Até hoje tenho me ligado pelo senso comum e da experiênçia, olhar para as nuvens, webcams nas praias etc.
Mas ter uma estção meteo em casa é engraçado e estou a gostar.
um colega mostrou-me uma que tem na arrecadação, que lhe deram, mas que nunca a utilizou. e eu pedi-lhe se podia ver.
mando as fotos da estação, sei que é um calhamaço do caaças e que é mais indicada em medições no terreno e para se deslocar para vários sitios.
mas daria para adpatar aqui por casa à minha maneira.
o que me têm a dizer disto:
opiniões


----------



## actioman (10 Jan 2011 às 00:01)

Pedro L., eu até ao momento apenas encontrei este link onde se indicam algumas das características dessa estação meteorológica.

Isso é profissional e deve valer uma fortuna. Não sei é tens o software para a colocar a debitar dados como tu pretendes...

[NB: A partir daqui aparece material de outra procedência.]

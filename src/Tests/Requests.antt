-- ===== src/Tests/Requests.antt =====
-- Runs of pkg/erserver/mountresolver.go and serve.go on the sample configuration.
use edgerouter.Base.{
  ◌≤◌, ℕ, ◌≡◌, refl, ◌↔◌, ◌⊎◌, inl, inr, ◌<◌, Str, bytes, ◌==◌, Bool, true, false, List, [], ◌∷◌,
  Option, none, some, Result, ok, err, panic, Any, All, length,
}
use edgerouter.Base.Sort.{insertion_sort}
use edgerouter.Base.Dict.{lookup, insert}
use edgerouter.Server.IpFilter.{Addr}
use edgerouter.Server.Mounts.{Mount, FrontendMatchers, mount_of, resolve_mount, prefix_matches}
use edgerouter.Server.Mounts.Tiers.{is_path_prefix, is_hostname, is_regexp}
use edgerouter.Server.Mounts.Build.{declared, Built, app_config-Built}
use edgerouter.Server.Mounts.Search.{NotTakes, MountsFrom, NoLonger}
use edgerouter.Server.Mounts.Resolve.{
  resolve_mount-declared, resolve_mount-none_iff, resolve_mount-path_prefix, resolve_mount-hostname,
}
use edgerouter.Server.Serve.{
  Request, Answer, passed, redirect_to, not_found, forbidden, serve_request,
}
use edgerouter.Server.Serve.Laws.{
  Admitted, Rewritten, serve_request-passed, serve_request-panic_iff,
}
use edgerouter.Tests.Sample.{
  compile_literal, match_literal, sort_mounts, contains_string, make_named, api_app, shop_app,
  two_apps, on_path, on_host, matchers, built_ok,
}

abbrev api_mount : Mount Str
api_mount = mount_of api_app (bytes "api") (on_path (bytes "/api/") true)

abbrev img_mount : Mount Str
img_mount = mount_of shop_app (bytes "shop") (on_host (bytes "shop.fi") (bytes "/img/"))

abbrev resolved : Str → Str → Option (Mount Str)
resolved host path = resolve_mount match_literal host path matchers

-- The longer prefix wins.
img_resolved : resolved (bytes "shop.fi") (bytes "/img/a.png") ≡ some img_mount
unfolding resolve_mount prefix_matches ◌==◌ bytes lookup insert insertion_sort
    edgerouter.Server.Mounts.app_config_to_handlers_and_matchers edgerouter.Base.trim_right
    edgerouter.Base.has_prefix
img_resolved = refl

api_resolved : resolved (bytes "shop.fi") (bytes "/api/x") ≡ some api_mount
unfolding resolve_mount prefix_matches ◌==◌ bytes lookup insert insertion_sort
    edgerouter.Server.Mounts.app_config_to_handlers_and_matchers edgerouter.Base.trim_right
    edgerouter.Base.has_prefix
api_resolved = refl

nothing_resolved : resolved (bytes "other.fi") (bytes "/img") ≡ none
unfolding resolve_mount prefix_matches ◌==◌ bytes lookup insert insertion_sort
    edgerouter.Server.Mounts.app_config_to_handlers_and_matchers edgerouter.Base.trim_right
    edgerouter.Base.has_prefix
nothing_resolved = refl

app_config-Built_example :
    Built compile_literal match_literal sort_mounts make_named two_apps matchers
app_config-Built_example =
    app_config-Built compile_literal match_literal sort_mounts make_named two_apps 7 tt built_ok

resolve_mount-declared_example :
    (prefix_matches (bytes "/img/a.png") img_mount.prefix ≡ true)
    × (Any (MountsFrom is_path_prefix img_mount) (declared two_apps)
        ⊎ (Any (MountsFrom (is_hostname (bytes "shop.fi")) img_mount) (declared two_apps)
            ⊎ Any
                (MountsFrom (is_regexp compile_literal match_literal (bytes "shop.fi")) img_mount)
                (declared two_apps)))
resolve_mount-declared_example =
    resolve_mount-declared compile_literal match_literal sort_mounts make_named two_apps 7 tt
      matchers tt built_ok (bytes "shop.fi") (bytes "/img/a.png") img_mount img_resolved

resolve_mount-none_iff_example :
    (resolve_mount match_literal (bytes "other.fi") (bytes "/img") matchers ≡ none) ↔ (
      All (NotTakes is_path_prefix (bytes "/img")) (declared two_apps)
      × All (NotTakes (is_hostname (bytes "other.fi")) (bytes "/img")) (declared two_apps)
      × All
          (NotTakes (is_regexp compile_literal match_literal (bytes "other.fi")) (bytes "/img"))
          (declared two_apps))
resolve_mount-none_iff_example =
    resolve_mount-none_iff compile_literal match_literal sort_mounts make_named two_apps 7 tt
      matchers tt built_ok (bytes "other.fi") (bytes "/img")

resolve_mount-path_prefix_example :
    (m : Mount Str) × (resolve_mount match_literal (bytes "shop.fi") (bytes "/api/x") matchers
      ≡ some m)
    × Any (MountsFrom is_path_prefix m) (declared two_apps)
    × All (NoLonger is_path_prefix (bytes "/api/x") m) (declared two_apps)
unfolding ◌==◌ bytes prefix_matches edgerouter.Base.trim_right edgerouter.Base.has_prefix
resolve_mount-path_prefix_example =
    resolve_mount-path_prefix compile_literal match_literal sort_mounts make_named two_apps 7 tt
      matchers tt built_ok (bytes "shop.fi") (bytes "/api/x") (inl (refl, refl))

resolve_mount-hostname_example :
    (m : Mount Str) × (resolve_mount match_literal (bytes "shop.fi") (bytes "/img/a") matchers
      ≡ some m)
    × Any (MountsFrom (is_hostname (bytes "shop.fi")) m) (declared two_apps)
    × All (NoLonger (is_hostname (bytes "shop.fi")) (bytes "/img/a") m) (declared two_apps)
unfolding ◌==◌ bytes prefix_matches edgerouter.Base.trim_right edgerouter.Base.has_prefix
resolve_mount-hostname_example =
    resolve_mount-hostname compile_literal match_literal sort_mounts make_named two_apps 7 tt
      matchers tt built_ok (bytes "shop.fi") (bytes "/img/a")
      ((λ t. refl), ((λ t. cc), ((λ t. cc), tt))) (inr (inl (refl, refl)))

abbrev same_host : Str → Result Str
same_host s = ok s

abbrev no_text : Addr → Str
no_text ip = []

abbrev one_address : Str → Result Addr
one_address s = ok (Addr.v4 1)

abbrev request : Str → Bool → Request
request path tls = record {
  method = bytes "GET";
  host = bytes "shop.fi";
  path = path;
  raw_query = [];
  tls = tls;
  remote_addr = bytes "1.2.3.4:5";
}

abbrev served : Str → Bool → Result (Answer Str × Option (Mount Str))
served path tls =
    serve_request same_host match_literal contains_string no_text one_address [] matchers
      (request path tls)

-- The prefix is taken off the path, and the slash put back.
api_served :
    served (bytes "/api/users") true
    ≡ ok (passed (bytes "api") (request (bytes "/users") true), some api_mount)
unfolding serve_request resolve_mount prefix_matches ◌==◌ bytes lookup insert insertion_sort
    edgerouter.Server.Serve.non_stupid_split_host_port edgerouter.Base.contains
    edgerouter.Server.Mounts.app_config_to_handlers_and_matchers edgerouter.Base.trim_right
    edgerouter.Server.IpFilter.ip_allowed edgerouter.Server.Serve.strip_prefix
api_served = refl

api_redirected :
    served (bytes "/api/users") false
    ≡ ok (redirect_to (bytes "https://shop.fi/api/users"), some api_mount)
unfolding serve_request resolve_mount prefix_matches ◌==◌ bytes lookup insert insertion_sort
    edgerouter.Server.Serve.non_stupid_split_host_port edgerouter.Base.contains
    edgerouter.Server.Mounts.app_config_to_handlers_and_matchers edgerouter.Base.trim_right
    edgerouter.Server.Serve.redirect_target
api_redirected = refl

-- The path is one byte shorter than the prefix that is taken off it.
api_panics : served (bytes "/api") true ≡ panic
unfolding serve_request resolve_mount prefix_matches ◌==◌ bytes lookup insert insertion_sort
    edgerouter.Server.Serve.non_stupid_split_host_port edgerouter.Base.contains
    edgerouter.Server.Mounts.app_config_to_handlers_and_matchers edgerouter.Base.trim_right
    edgerouter.Server.IpFilter.ip_allowed edgerouter.Server.Serve.strip_prefix
api_panics = refl

serve_request-passed_example :
    (m : Mount Str) × Admitted same_host match_literal contains_string no_text one_address []
      matchers
      (request (bytes "/api/users") true)
      m
    × (some api_mount ≡ some m)
    × (bytes "api" ≡ m.handler)
    × Rewritten same_host match_literal contains_string no_text one_address [] matchers
        (request (bytes "/api/users") true)
        m
        (request (bytes "/users") true)
serve_request-passed_example =
    serve_request-passed same_host match_literal contains_string no_text one_address [] matchers
      (request (bytes "/api/users") true) (bytes "api") (request (bytes "/users") true)
      (some api_mount) api_served

api-Admitted :
    Admitted same_host match_literal contains_string no_text one_address [] matchers
      (request (bytes "/api") true)
      api_mount
unfolding serve_request resolve_mount prefix_matches ◌==◌ bytes lookup insert insertion_sort
    edgerouter.Server.Serve.non_stupid_split_host_port edgerouter.Base.contains
    edgerouter.Server.Mounts.app_config_to_handlers_and_matchers edgerouter.Base.trim_right
    edgerouter.Server.IpFilter.ip_allowed
api-Admitted = record {
  hostname = bytes "shop.fi";
  named = refl;
  resolved = refl;
  secure = inl refl;
  allowed = refl;
}

serve_request-panic_iff_example :
    ((serve_request same_host match_literal contains_string no_text one_address [] matchers
          (request (bytes "/api") true)
        ≡ panic)
      ↔ ((api_mount.strip_prefix ≡ true) × (length (bytes "/api") < length api_mount.prefix)))
    × (((r' : Request) × (serve_request same_host match_literal contains_string no_text one_address
              [] matchers
              (request (bytes "/api") true)
            ≡ ok (passed api_mount.handler r', some api_mount)))
        ↔ ((api_mount.strip_prefix ≡ false) ⊎ (length api_mount.prefix ≤ length (bytes "/api"))))
serve_request-panic_iff_example =
    serve_request-panic_iff same_host match_literal contains_string no_text one_address [] matchers
      (request (bytes "/api") true) api_mount api-Admitted
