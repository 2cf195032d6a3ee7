-- ===== src/Tests/Runs.antt =====
-- A run of the synchronization in pkg/erserver/serve.go and schedulersyncer.go.
use edgerouter.Base.{◌≡◌, ◌≤◌, refl, ◌⊎◌, Str, [], none, some, ok, arith}
use edgerouter.Discovery.Multi.{Reader, static_discovery}
use edgerouter.Server.Mounts.{new_frontend_matchers, app_config_to_handlers_and_matchers}
use edgerouter.Server.Sync.{
  Running, new_atomic_config, sync_apps_from_discovery, Step, tick_sent, taken, done, next,
}
use edgerouter.Server.Sync.Runs.{IsSynced, Steps-IsSynced}
use edgerouter.Tests.Sample.{compile_literal, sort_mounts, make_named, two_apps, matchers}

abbrev reader : Reader (Unit {0})
reader = static_discovery two_apps

abbrev start : Running Str Str (Unit {0})
start = record { current = new_atomic_config 0; updated = none; now = 1; shared = tt }

abbrev sent : Running Str Str (Unit {0})
sent = record { current = new_atomic_config 0; updated = some matchers; now = 7; shared = tt }

abbrev synced : Running Str Str (Unit {0})
synced = record { current = matchers; updated = none; now = 7; shared = tt }

sync_ok :
    sync_apps_from_discovery compile_literal sort_mounts make_named [] reader 7 tt
    ≡ (ok matchers, tt)
unfolding sync_apps_from_discovery static_discovery app_config_to_handlers_and_matchers
sync_ok = refl

first_tick : Step compile_literal sort_mounts make_named [] reader start sent
first_tick = tick_sent (omega arith) sync_ok refl

first_taken : Step compile_literal sort_mounts make_named [] reader sent synced
first_taken = taken refl

Steps-IsSynced_example :
    ((matchers ≡ new_atomic_config 0)
      ⊎ IsSynced compile_literal sort_mounts make_named [] reader matchers)
    × (0 ≤ 7)
unfolding new_frontend_matchers app_config_to_handlers_and_matchers
Steps-IsSynced_example =
    Steps-IsSynced compile_literal sort_mounts make_named [] reader start sent synced refl
      (omega arith) (next first_tick done) (next first_taken done)
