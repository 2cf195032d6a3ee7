-- ===== src/Tests/Stalls.antt =====
-- A run of pkg/syncutil/mutexmap.go.
use edgerouter.Base.{◌≡◌, refl, ◌↔◌, ℕ, Str, bytes, ◌==◌, true, [], ◌∷◌, none, some, ok}
use edgerouter.Base.Dict.{lookup, insert, delete}
use edgerouter.Base.Dict.Keys.{HasUniqueKeys}
use edgerouter.Locks.{
  MutexMap, new_mutex_map, try_lock_internal, try_lock, unlock, World, Step, locked, refused,
  Reachable, start, then_step,
}
use edgerouter.Locks.Exclusion.{Reachable-exclusive}

abbrev one_locked : MutexMap
one_locked = record { locks = (bytes "a", 0) ∷ []; next_chan = 1; closed = [] }

abbrev one_holder : World
one_holder = record { mutexes = one_locked; held = (bytes "a", 0) ∷ [] }

abbrev no_holder : World
no_holder = record { mutexes = new_mutex_map; held = [] }

-- One goroutine locks the name, and another one does not get it.
first-Step : Step no_holder one_holder
unfolding try_lock_internal lookup insert ◌==◌ bytes
first-Step = locked {w = no_holder} {key = bytes "a"} {chan = 0} {n = one_locked} refl

second-Step : Step one_holder one_holder
unfolding try_lock_internal lookup ◌==◌ bytes
second-Step = refused {w = one_holder} (bytes "a") 0 {n = one_locked} refl

one_holder-Reachable : Reachable one_holder
one_holder-Reachable = then_step (then_step start first-Step) second-Step

unlocked_again :
    unlock (bytes "a") 0 one_locked ≡ ok (record { locks = []; next_chan = 1; closed = 0 ∷ [] })
unfolding unlock edgerouter.Locks.is_closed delete ◌==◌ bytes
unlocked_again = refl

Reachable-exclusive_example :
    HasUniqueKeys one_holder.held
    × ((key : Str) → ((try_lock key one_locked).0 ≡ true) ↔ (lookup key one_holder.held ≡ none))
    × ((key : Str) (chan : ℕ)
        → lookup key one_holder.held ≡ some chan
        → (n : MutexMap) × (unlock key chan one_locked ≡ ok n) × ((try_lock key n).0 ≡ true))
Reachable-exclusive_example = Reachable-exclusive one_holder one_holder-Reachable
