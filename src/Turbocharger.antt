-- ===== src/Turbocharger.antt =====
-- pkg/turbocharger: the serving of static files by their content, from caches in front of a store.
pub mod Ids
pub mod Header
pub mod Middleware
pub mod Store
pub mod Manifest
pub mod Deployment
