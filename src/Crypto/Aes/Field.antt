-- ===== src/Crypto/Aes/Field.antt =====
-- Multiplication by the constants of MixColumns is linear over exclusive or.
use home_io_control_wio_b2b.Base.{
  ℕ, zero, suc, ◌*◌, ◌/◌, ◌%◌, ◌^◌, ◌<◌, ◌≡◌, refl, ap, ap₂, ◌∙◌, bit_xor, true, ◌==◌, bit_and, not,
  if◌then◌else◌, IsByte, arith,
}
use home_io_control_wio_b2b.Base.Bits.Table.{passes_below, passes_below_lem, eq_below}
use home_io_control_wio_b2b.Base.Bits.Xor.{xor_medial, xor-lt}
use native.Mathlib.Nat.{pow-suc}
use home_io_control_wio_b2b.Crypto.Aes.{aes_double, aes_mul, aes_mul_loop}

double_table :
    passes_below 256 (λ a.
      passes_below 256 (λ b. aes_double (bit_xor a b) == bit_xor (aes_double a) (aes_double b)))
    ≡ true
unfolding passes_below aes_double
double_table = refl

double-xor :
    (a b : ℕ)
    → IsByte a
    → IsByte b
    → aes_double (bit_xor a b) ≡ bit_xor (aes_double a) (aes_double b)
double-xor a b ha hb = eq_below 256 _ _ (passes_below_lem 256 _ a double_table ha) b hb

pub xor-IsByte : (a b : ℕ) → IsByte a → IsByte b → IsByte (bit_xor a b)
xor-IsByte a b ha hb = xor-lt 8 a b ha hb

double-IsByte : (a : ℕ) → IsByte a → IsByte (aes_double a)
unfolding aes_double
double-IsByte a h = ground (arith, xor-lt 8 (a * 2 % 256) 0x1b (omega arith) (omega arith))

pub record IsLinear (f : ℕ → ℕ) : Type 0 where
  pub byte : (a : ℕ) → IsByte a → IsByte (f a)
  pub additive : (a b : ℕ) → IsByte a → IsByte b → f (bit_xor a b) ≡ bit_xor (f a) (f b)

id-IsLinear : IsLinear (λ a. a)
id-IsLinear = record { byte = λ a h. h; additive = λ a b ha hb. refl }

zero-IsLinear : IsLinear (λ a. 0)
zero-IsLinear = record { byte = λ a h. omega arith; additive = λ a b ha hb. refl }

double-IsLinear : IsLinear aes_double
double-IsLinear = record { byte = double-IsByte; additive = double-xor }

module _ {f g : ℕ → ℕ} where
  xor-IsLinear : IsLinear f → IsLinear g → IsLinear (λ a. bit_xor (f a) (g a))
  xor-IsLinear p q = record {
    byte = λ a h. xor-IsByte (f a) (g a) (p.byte a h) (q.byte a h);
    additive = λ a b ha hb.
        ap₂ bit_xor (p.additive a b ha hb) (q.additive a b ha hb)
        ∙ xor_medial (f a) (f b) (g a) (g b);
  }

  comp-IsLinear : IsLinear f → IsLinear g → IsLinear (λ a. f (g a))
  comp-IsLinear p q = record {
    byte = λ a h. p.byte (g a) (q.byte a h);
    additive = λ a b ha hb.
        ap f (q.additive a b ha hb) ∙ p.additive (g a) (g b) (q.byte a ha) (q.byte b hb);
  }

times_two : IsLinear (λ a. bit_xor 0 (aes_double a))
times_two = xor-IsLinear zero-IsLinear double-IsLinear

times_four : IsLinear (λ a. aes_double (aes_double a))
times_four = comp-IsLinear double-IsLinear double-IsLinear

times_eight : IsLinear (λ a. aes_double (aes_double (aes_double a)))
times_eight = comp-IsLinear double-IsLinear times_four

times_one : IsLinear (λ a. bit_xor 0 a)
times_one = xor-IsLinear zero-IsLinear id-IsLinear

-- The products are the sums of doublings that the bits of the factor select.
pub mul_2 : IsLinear (λ a. aes_mul a 0x02)
unfolding aes_mul
mul_2 = times_two

pub mul_3 : IsLinear (λ a. aes_mul a 0x03)
unfolding aes_mul
mul_3 = xor-IsLinear times_one double-IsLinear

pub mul_9 : IsLinear (λ a. aes_mul a 0x09)
unfolding aes_mul
mul_9 = xor-IsLinear times_one times_eight

pub mul_b : IsLinear (λ a. aes_mul a 0x0b)
unfolding aes_mul
mul_b = xor-IsLinear (xor-IsLinear times_one double-IsLinear) times_eight

pub mul_d : IsLinear (λ a. aes_mul a 0x0d)
unfolding aes_mul
mul_d = xor-IsLinear (xor-IsLinear times_one times_four) times_eight

pub mul_e : IsLinear (λ a. aes_mul a 0x0e)
unfolding aes_mul
mul_e = xor-IsLinear (xor-IsLinear times_two times_four) times_eight

-- The loop returns as soon as the factor is used up: any two amounts of fuel that its width allows
-- give one result, so the eight rounds of `aes_mul` are enough for a byte.
pub aes_mul_loop_enough :
    (n m value factor result : ℕ)
    → factor < 2 ^ n
    → factor < 2 ^ m
    → aes_mul_loop n value factor result ≡ aes_mul_loop m value factor result
unfolding aes_mul_loop
aes_mul_loop_enough zero zero value factor result p q = refl
aes_mul_loop_enough zero (suc m) value factor result p q = ground arith
aes_mul_loop_enough (suc n) zero value factor result p q = ground arith
aes_mul_loop_enough (suc n) (suc m) value factor result p q =
    let next = if not (bit_and factor 1 == 0) then bit_xor result value else result in
    ground (
      arith,
      aes_mul_loop_enough n m (aes_double value) (factor / 2) next (omega (arith, pow-suc 2 n))
          (omega (arith, pow-suc 2 m)),
    )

http://www.isasensing.com/documentation/AtmisLoggers.pdf


----------



## Daniel Vilão (10 Jan 2011 às 01:23)

Pedro L. disse:


> o que me têm a dizer disto:
> opiniões



Terá certamente alguns anos de idade, arrisco em quase 10, mas parece ser uma excelente estação. Desconhecia completamente a marca, mas parece ter uma patente de anemómetros bastante parecida à da Davis, com excepção da base de fixação.


----------



## Pedro L. (10 Jan 2011 às 01:39)

pois, se calhare vou ficar de lado em relação a estestação, tem lá os cabos, ms softwares e o resto, fico depois a penantes. não vou arriscar.
à melhores e mais pequenas, de qualquer das maneiras, também é uma grande estação para se ter dentro de casa.
obrigado pelas vossas dicas.


----------



## amando96 (10 Jan 2011 às 13:47)

Tentaste googlar pelo software? se tivere sorte encontras, precisas é de um PC mais velhote para a ligar.


----------



## Pedro L. (11 Jan 2011 às 00:47)

pois, nem sequer vou mais levar o assunto.
só pelas fichas que tinha para ligação, é mesmo de pc´s antigos, nada de usbs.


----------